-- ===== src/ReplMaster/Resync.antt =====
-- HandlePSYNC: what a replica that asks has after it, with the backlog that follows.
use lightkv.Prelude.{
  ℕ, ◌≤◌, ◌≡◌, refl, ap, ◌∙◌, arith, Bool, true, false, List, [], ◌∷◌, ◌++◌, length, take, drop,
  leb, ◌==◌, if◌then◌else◌, not, ◌&&◌, ◌||◌, bytes_eq, bytes_eq_iff, take-append-drop, Bool-cases,
  inl, inr,
}
use lightkv.ReplMaster.{
  SlaveConn, ReplMaster, PsyncReply, full_resync, continue, unknown_id, has_slave, update_first,
  pending_of, resume_at, start_full, handle_psync, get_backlog_from,
}
use lightkv.ReplMaster.Ring.{Holds, get_backlog_from-drop}

pending_of-resume :
    (full : Bool) (offset fd : ℕ) (slaves : List SlaveConn)
    → has_slave fd slaves ≡ true
    → pending_of fd (update_first fd (resume_at full offset) slaves) ≡ offset
unfolding has_slave pending_of update_first resume_at
pending_of-resume full offset fd [] h = absurd (ground arith)
pending_of-resume full offset fd (s ∷ slaves) h = elim (Bool-cases (s.fd == fd)) [
  | inl this ↦ rw this (rw this refl)
  | inr other ↦ rw other (rw other (pending_of-resume full offset fd slaves (rw other at h)))
]

-- What a replica has after its request, for the stream `h`: it goes on from its own offset, or
-- starts from a snapshot of all that was fed. The bytes that the backlog gives from its pending
-- offset on make the stream whole.
pub data Served (h : List ℕ) (id : List ℕ) (offset fd : ℕ) (m m' : ReplMaster) (reply : PsyncReply)
    : Type 0 where
  resumed :
      reply ≡ continue m.repl_id
      → id ≡ m.repl_id
      → m.backlog_first_offset ≤ offset
      → offset ≤ length h
      → pending_of fd m'.slaves ≡ offset
      → take offset h ++ get_backlog_from (pending_of fd m'.slaves) m' ≡ h
      → Served h id offset fd m m' reply
  restarted :
      reply ≡ full_resync m.repl_id (length h)
      → pending_of fd m'.slaves ≡ length h
      → get_backlog_from (pending_of fd m'.slaves) m' ≡ []
      → Served h id offset fd m m' reply

-- The same ring under other connections.
pub with_slaves-Holds :
    (h : List ℕ) (m : ReplMaster) (slaves : List SlaveConn)
    → Holds h m
    → Holds h (record m { slaves = slaves })
with_slaves-Holds h m slaves ok = record {
  mirrors = record {
    offset = (ok.mirrors).offset;
    slots = (ok.mirrors).slots;
    some_room = (ok.mirrors).some_room;
    recent = (ok.mirrors).recent;
  };
  first_le = ok.first_le;
  within = ok.within;
}

start_full-Served :
    (h id : List ℕ) (offset fd : ℕ) (m : ReplMaster)
    → Holds h m
    → has_slave fd m.slaves ≡ true
    → Served h id offset fd m (start_full fd m).1 (start_full fd m).0
unfolding start_full
start_full-Served h id offset fd m ok there =
    let slaves : List SlaveConn = update_first fd (resume_at true m.repl_offset) m.slaves in
    let p : pending_of fd slaves ≡ length h =
      pending_of-resume true m.repl_offset fd m.slaves there ∙ (ok.mirrors).offset in
    restarted (ap (full_resync m.repl_id) (ok.mirrors).offset) p (
      ap (λ k. get_backlog_from k (record m { slaves = slaves })) p
      ∙ get_backlog_from-drop h (record m { slaves = slaves }) (length h)
          (with_slaves-Holds h m slaves ok)
      ∙ nothing_left h (leb m.backlog_first_offset (length h) && leb (length h) (length h)))
  where
    nothing_left : (h : List ℕ) (b : Bool) → (if b then drop (length h) h else []) ≡ []
    nothing_left h true = ended h
      where
        ended : (l : List ℕ) → drop (length l) l ≡ []
        ended [] = refl
        ended (x ∷ l) = ended l
    nothing_left h false = refl

-- HandlePSYNC for a registered replica, at a master whose ring mirrors the stream: the replica goes
-- on from its own offset only if it knows the master's id and the ring still has all bytes from
-- there; else it starts from a snapshot of all that was fed. In both cases what it holds and the
-- backlog from its pending offset make the whole stream, with no byte missing and none twice. The
-- ring is as it was.
pub handle_psync-Served :
    (h id : List ℕ) (offset fd : ℕ) (m : ReplMaster)
    → Holds h m
    → has_slave fd m.slaves ≡ true
    → Served h id offset fd m (handle_psync id offset fd m).1 (handle_psync id offset fd m).0
      × Holds h (handle_psync id offset fd m).1
unfolding handle_psync
handle_psync-Served h id offset fd m ok there =
    let full = start_full-Served h id offset fd m ok there in
    let full_ring : Holds h (start_full fd m).1 =
      unfold start_full in
      with_slaves-Holds h m (update_first fd (resume_at true m.repl_offset) m.slaves) ok in
    elim (Bool-cases (bytes_eq id unknown_id || not (bytes_eq id m.repl_id))) [
      | inl stranger ↦ rw stranger (full, full_ring)
      | inr known ↦
          elim (Bool-cases (leb m.backlog_first_offset offset && leb offset m.repl_offset)) [
            | inr gone ↦ rw known (rw gone (full, full_ring))
            | inl here ↦
                let slaves : List SlaveConn = update_first fd (resume_at false offset) m.slaves in
                let ring = with_slaves-Holds h m slaves ok in
                let p = pending_of-resume false offset fd m.slaves there in
                let same : bytes_eq id m.repl_id ≡ true = ground arith in
                let in_ring : leb m.backlog_first_offset offset && leb offset (length h) ≡ true =
                  rw (← (ok.mirrors).offset) here in
                rw known (
                  rw here (
                    resumed refl ((bytes_eq_iff id m.repl_id).0 same) (ground arith)
                        (ground (arith, in_ring)) p
                        (ap
                            (λ k.
                              take offset h ++ get_backlog_from k (record m { slaves = slaves }))
                            p
                          ∙ ap (λ l. take offset h ++ l)
                              (get_backlog_from-drop h (record m { slaves = slaves }) offset ring
                                ∙ rw in_ring refl)
                          ∙ take-append-drop offset h),
                    ring,
                  ))
          ]
    ]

■ **Task to complete**
Go through the records above, find each line with the string "ended", and copy it.

■ **Output for this exercise**
    nothing_left h true = ended h
        ended : (l : List ℕ) → drop (length l) l ≡ []
        ended [] = refl
        ended (x ∷ l) = ended l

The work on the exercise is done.